暖かな夕暮れ
ずしりと重い雰囲気をシャワーで流し終わった2人がリビングに戻ると、賑やかな笑い声が聞こえてきた。
「なに、どうしたの?」
不思議そうに、眉間にしわを寄せながら、笹川はゲラゲラと笑う雄太をみる。
「ああ、いや、森宮さんが、懐かしいのするからさあ」
そういって目尻に溜まった涙を人さし指に滲ませる。当然、華と笹川2人の目線は森宮に注がれた。その女子2人の眼差しを大きな体に受けた森宮は、すこし慌て、なにを思ったのか何故か会釈をした。
「ゆうくんなに? なつかしいのって」
「ほら、中学校くらいに流行ったさぁ……」
「ええ? なにそれ」
もだもだと流れる会話と、少し照れている森宮の雰囲気に痺れを切らしたのか、笹川がそんな雰囲気をバッサリと切った。
「してみればいいじゃない、ハイ」
そうパンと手を叩く。
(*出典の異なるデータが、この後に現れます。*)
-- ===== src/Domain/ContextGuard.antt =====
-- `ContextGuard` of domain/context_guard.py, over the input guard that it is constructed with: only
-- the result of `validate_input` reaches it.
use kelvin_assistant.Prelude.{
  Bool, true, false, List, [], ◌∷◌, ◌++◌, Text, codes, not, if◌then◌else◌,
}
use kelvin_assistant.Prelude.Search.{replace}

-- `InputValidationResult` of domain/input_guard.py
pub record InputValidationResult : Type 0 where
  pub is_safe : Bool
  pub warnings : List Text

-- `InputGuard.validate_input`
abbrev pub InputGuard : Type 0
InputGuard = Text → InputValidationResult

pub record GuardedContent : Type 0 where
  pub text : Text
  pub is_safe : Bool
  pub warnings : List Text

abbrev pub begin_delimiter : Text
begin_delimiter = codes "--- BEGIN EXTERNAL DATA ---"

abbrev pub end_delimiter : Text
end_delimiter = codes "--- END EXTERNAL DATA ---"

abbrev pub line_feed : Text
line_feed = b'\n' ∷ []

unfoldable pub escape_delimiters : Text → Text
unfolding replace
escape_delimiters text =
    replace (replace text begin_delimiter (codes "--- BEGIN ESCAPED DATA ---")) end_delimiter
      (codes "--- END ESCAPED DATA ---")

-- A text between the delimiters of external data.
abbrev pub delimited : Text → Text
delimited text =
    line_feed
    ++ begin_delimiter
    ++ line_feed
    ++ escape_delimiters text
    ++ line_feed
    ++ end_delimiter
    ++ line_feed

-- `wrap`; `source` is only in the warning.
unfoldable pub wrap : InputGuard → Text → (source : Text) → GuardedContent
wrap validate_input text source =
    let checked = validate_input text in
    if not checked.is_safe
    then record {
      text = [];
      is_safe = false;
      warnings =
          (codes "Input from source '"
            ++ source
            ++ codes "' blocked due to potential injection attacks.")
          ∷ checked.warnings;
    }
    else record {
      text =
          line_feed
          ++ begin_delimiter
          ++ line_feed
          ++ escape_delimiters text
          ++ line_feed
          ++ end_delimiter
          ++ line_feed;
      is_safe = true;
      warnings = checked.warnings;
    }
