-- ===== src/Domain/Planner.antt =====
-- domain/planner.py: the bounded request to a planner and the decisions that it may return. Each
-- `make_*` is the constructor with its `__post_init__`.
use kelvin_assistant.Prelude.{
  ℕ, Option, none, some, List, Text, text_eq, not, ◌||◌, ltb, strip, is_empty, length, map,
  distinct, if◌then◌else◌,
}
use kelvin_assistant.Prelude.Regex.{fullmatch}
use kelvin_assistant.Prelude.Result.{Result, ok, raise, ◌>>=◌, ◌>>◌, raise_if, planner_domain_error}
use kelvin_assistant.Domain.Json.{Fields, end, freeze_fields}
use kelvin_assistant.Domain.Agent.Names.{tool_name_pattern}
use kelvin_assistant.Domain.Agent.Run.{max_agent_goal_length, max_agent_steps}
use kelvin_assistant.Domain.Agent.Tools.{ToolDefinition, max_tool_output_length}

abbrev pub max_clarification_turns : ℕ
max_clarification_turns = 4

abbrev pub max_planner_reason_length : ℕ
max_planner_reason_length = 2048

abbrev pub max_clarification_question_length : ℕ
max_clarification_question_length = 2048

abbrev pub max_clarification_answer_length : ℕ
max_clarification_answer_length = 8192

abbrev pub max_completion_summary_length : ℕ
max_completion_summary_length = 8192

-- `_required_text`
unfoldable pub required_text : Text → (maximum : ℕ) → Result Text
required_text value maximum = do
  raise_if (is_empty (strip value)) planner_domain_error
  raise_if (ltb maximum (length (strip value))) planner_domain_error
  ok (strip value)

-- `_planner_reason`
abbrev pub planner_reason : Text → Result Text
planner_reason value = required_text value max_planner_reason_length

pub record ClarificationTurn : Type 0 where
  pub question : Text
  pub answer : Text

unfoldable pub make_clarification_turn : Text → Text → Result ClarificationTurn
make_clarification_turn question answer = do
  question' ← required_text question max_clarification_question_length
  answer' ← required_text answer max_clarification_answer_length
  ok (record { question = question'; answer = answer' })

pub record PlannerRequest : Type 0 where
  pub goal : Text
  pub tools : List ToolDefinition
  pub remaining_steps : ℕ
  pub clarifications : List ClarificationTurn
  pub observation : Option Text

-- `_validate_tools`, of which only the errors matter: the tools come back unchanged.
unfoldable pub validate_tools : List ToolDefinition → Result (List ToolDefinition)
validate_tools tools = do
  raise_if (is_empty tools) planner_domain_error
  raise_if (not (distinct (map (λ (tool : ToolDefinition). tool.name) tools))) planner_domain_error
  ok tools

-- The last block of `PlannerRequest.__post_init__`
unfoldable pub normalize_observation : Option Text → Result (Option Text)
normalize_observation none = ok none
normalize_observation (some observation) =
    if is_empty (strip observation)
    then ok none
    else if ltb max_tool_output_length (length (strip observation))
    then raise planner_domain_error
    else ok (some (strip observation))

-- `PlannerRequest.create`
unfoldable pub create_request :
    Text
    → List ToolDefinition
    → (remaining_steps : ℕ) → List ClarificationTurn
    → Option Text
    → Result PlannerRequest
create_request goal tools remaining_steps clarifications observation = do
  goal' ← required_text goal max_agent_goal_length
  tools' ← validate_tools tools
  raise_if (ltb remaining_steps 1 || ltb max_agent_steps remaining_steps) planner_domain_error
  raise_if (ltb max_clarification_turns (length clarifications)) planner_domain_error
  observation' ← normalize_observation observation
  ok (record {
    goal = goal';
    tools = tools';
    remaining_steps = remaining_steps;
    clarifications = clarifications;
    observation = observation';
  })

pub record ClarifyDecision : Type 0 where
  pub question : Text
  pub reason : Text

unfoldable pub make_clarify_decision : Text → Text → Result ClarifyDecision
make_clarify_decision question reason = do
  question' ← required_text question max_clarification_question_length
  reason' ← planner_reason reason
  ok (record { question = question'; reason = reason' })

pub record ToolDecision : Type 0 where
  pub tool_name : Text
  pub arguments : Fields
  pub reason : Text
  pub expected_effect : Text

unfoldable pub make_tool_decision : Text → Fields → Text → Text → Result ToolDecision
make_tool_decision tool_name arguments reason expected_effect = do
  raise_if (not (fullmatch tool_name_pattern (strip tool_name))) planner_domain_error
  arguments' ← freeze_fields planner_domain_error arguments end
  reason' ← planner_reason reason
  effect ← required_text expected_effect max_planner_reason_length
  ok (record {
    tool_name = strip tool_name;
    arguments = arguments';
    reason = reason';
    expected_effect = effect;
  })

pub record CompleteDecision : Type 0 where
  pub summary : Text

unfoldable pub make_complete_decision : Text → Result CompleteDecision
make_complete_decision summary = do
  summary' ← required_text summary max_completion_summary_length
  ok (record { summary = summary' })

pub data PlannerDecision : Type 0 where
  clarify : ClarifyDecision → PlannerDecision
  tool : ToolDecision → PlannerDecision
  complete : CompleteDecision → PlannerDecision
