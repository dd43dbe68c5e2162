-- ===== src/Application/Agent.antt =====
-- `AgentService` of application/agent.py: the guarded life cycle of a run. The policy is the
-- parameter that the service is constructed with; `now` is the clock's answer in the call.
pub mod Gate
pub mod Calls
pub mod Open
pub mod Steps
pub mod Moved
use kelvin_assistant.Prelude.{
  ℕ, Bool, true, false, Option, none, some, List, [], ◌∷◌, Text, not, ◌||◌, ◌==◌, nat_eq, contains,
  if◌then◌else◌,
}
use kelvin_assistant.Prelude.Result.{Result, ok, raise, ◌>>=◌, ◌>>◌, raise_if, agent_service_error}
use kelvin_assistant.Domain.Agent.Status.{
  AgentStatus, received, clarifying, planning, awaiting_approval, executing, observing, completed,
  cancelled, failed, status_eq, is_terminal, ToolPolicyDecision, allow, require_approval, deny,
  ApprovalDecision, pending, approved, rejected,
}
use kelvin_assistant.Domain.Agent.Run.{AgentRun, create_run, transition_to}
use kelvin_assistant.Domain.Agent.Tools.{
  ClarificationRequest, ToolCall, ToolPolicyResult, ToolApproval, make_tool_approval, ToolProposal,
}
use kelvin_assistant.Application.ToolPolicy.{ToolPolicyContext}

-- `ToolPolicy.evaluate`
abbrev pub Policy : Type 0
Policy = ToolCall → ToolPolicyContext → Result ToolPolicyResult

pub record AgentClarification : Type 0 where
  pub run : AgentRun
  pub request : ClarificationRequest

unfoldable pub start_run : (id now : ℕ) → Text → ℕ → Option Text → Result AgentRun
start_run id now goal max_steps workspace_id = create_run id now goal max_steps workspace_id

-- `if run.status not in statuses: raise AgentServiceError`
unfoldable pub require_one_of : List AgentStatus → AgentRun → Result (Unit {0})
require_one_of statuses run = raise_if (not (contains statuses run.status)) agent_service_error

-- `_require_status`
unfoldable pub require_status : AgentRun → AgentStatus → Result (Unit {0})
require_status run expected = raise_if (not (run.status == expected)) agent_service_error

-- `if run.status.is_terminal: raise AgentServiceError`
unfoldable pub require_active : AgentRun → Result (Unit {0})
require_active run = raise_if (is_terminal run.status) agent_service_error

unfoldable pub request_clarification :
    ℕ → AgentRun → ClarificationRequest → Result AgentClarification
request_clarification now run request = do
  require_one_of (received ∷ planning ∷ []) run
  next ← transition_to now run clarifying
  ok (record { run = next; request = request })

unfoldable pub begin_planning : ℕ → AgentRun → Result AgentRun
begin_planning now run = do
  require_one_of (received ∷ clarifying ∷ []) run
  transition_to now run planning

-- The branches of `propose_tool` on the policy's decision.
unfoldable pub apply_policy :
    ToolPolicyDecision → ℕ → AgentRun → ToolCall → ToolPolicyResult → Result ToolProposal
apply_policy allow now run call result = do
  next ← transition_to now run executing
  ok (record { run = next; call = call; policy_result = result; approval = none })
apply_policy require_approval now run call result = do
  next ← transition_to now run awaiting_approval
  approval ← make_tool_approval call.id pending none none
  ok (record { run = next; call = call; policy_result = result; approval = some approval })
apply_policy deny now run call result =
    ok (record { run = run; call = call; policy_result = result; approval = none })

unfoldable pub propose_tool :
    Policy → ℕ → AgentRun → ToolCall → ToolPolicyContext → Result ToolProposal
propose_tool policy now run call context = do
  require_status run planning
  result ← policy call context
  apply_policy result.decision now run call result

abbrev pub is_require_approval : ToolPolicyDecision → Bool
is_require_approval require_approval = true
is_require_approval _ = false

abbrev pub is_pending : ApprovalDecision → Bool
is_pending pending = true
is_pending _ = false

-- The proposal has a pending approval of its own call.
abbrev pub waits_for : Option ToolApproval → ℕ → Bool
waits_for none call_id = false
waits_for (some approval) call_id =
    if is_pending approval.decision then approval.tool_call_id == call_id else false

-- `EXECUTING if decision is APPROVED else CANCELLED`
abbrev pub status_after : ApprovalDecision → AgentStatus
status_after approved = executing
status_after _ = cancelled

unfoldable pub resolve_approval :
    ToolProposal
    → ApprovalDecision
    → (decided_by : Text) → (decided_at now : ℕ) → Result ToolProposal
resolve_approval proposal decision decided_by decided_at now = do
  require_status proposal.run awaiting_approval
  raise_if
      (not (is_require_approval proposal.policy_result.decision)
        || not (waits_for proposal.approval proposal.call.id))
      agent_service_error
  raise_if (is_pending decision) agent_service_error
  approval ← make_tool_approval proposal.call.id decision (some decided_by) (some decided_at)
  next ← transition_to now proposal.run (status_after decision)
  ok (record {
    run = next;
    call = proposal.call;
    policy_result = proposal.policy_result;
    approval = some approval;
  })

unfoldable pub record_execution_result : ℕ → AgentRun → (succeeded : Bool) → Result AgentRun
record_execution_result now run succeeded = do
  require_status run executing
  transition_to now run (if succeeded then observing else failed)

unfoldable pub continue_planning : ℕ → AgentRun → Result AgentRun
continue_planning now run = do require_status run observing; transition_to now run planning

unfoldable pub complete_run : ℕ → AgentRun → Result AgentRun
complete_run now run = do
  require_one_of (planning ∷ observing ∷ []) run
  transition_to now run completed

unfoldable pub fail_run : ℕ → AgentRun → Result AgentRun
fail_run now run = do require_active run; transition_to now run failed

unfoldable pub cancel_run : ℕ → AgentRun → Result AgentRun
cancel_run now run = do require_active run; transition_to now run cancelled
それを合図のように少し背を丸めていた森宮は背をシャキッと伸ばし、口をすぼめる。そして手をクネクネとさせながら、森宮は言った。
「突撃!タコ人間!いや人間やないか〜〜い!」
ビシッと効果音が聞こえそうなほど決まった後、部屋にはシンと、静かな雰囲気が流れた。ご察しの通り、面白くない。つまり、滑ったのである。
森宮の額からはタラリと冷や汗が流れる。森宮は、腹を抱えながらクツクツと笑っている雄太しか見れなかった。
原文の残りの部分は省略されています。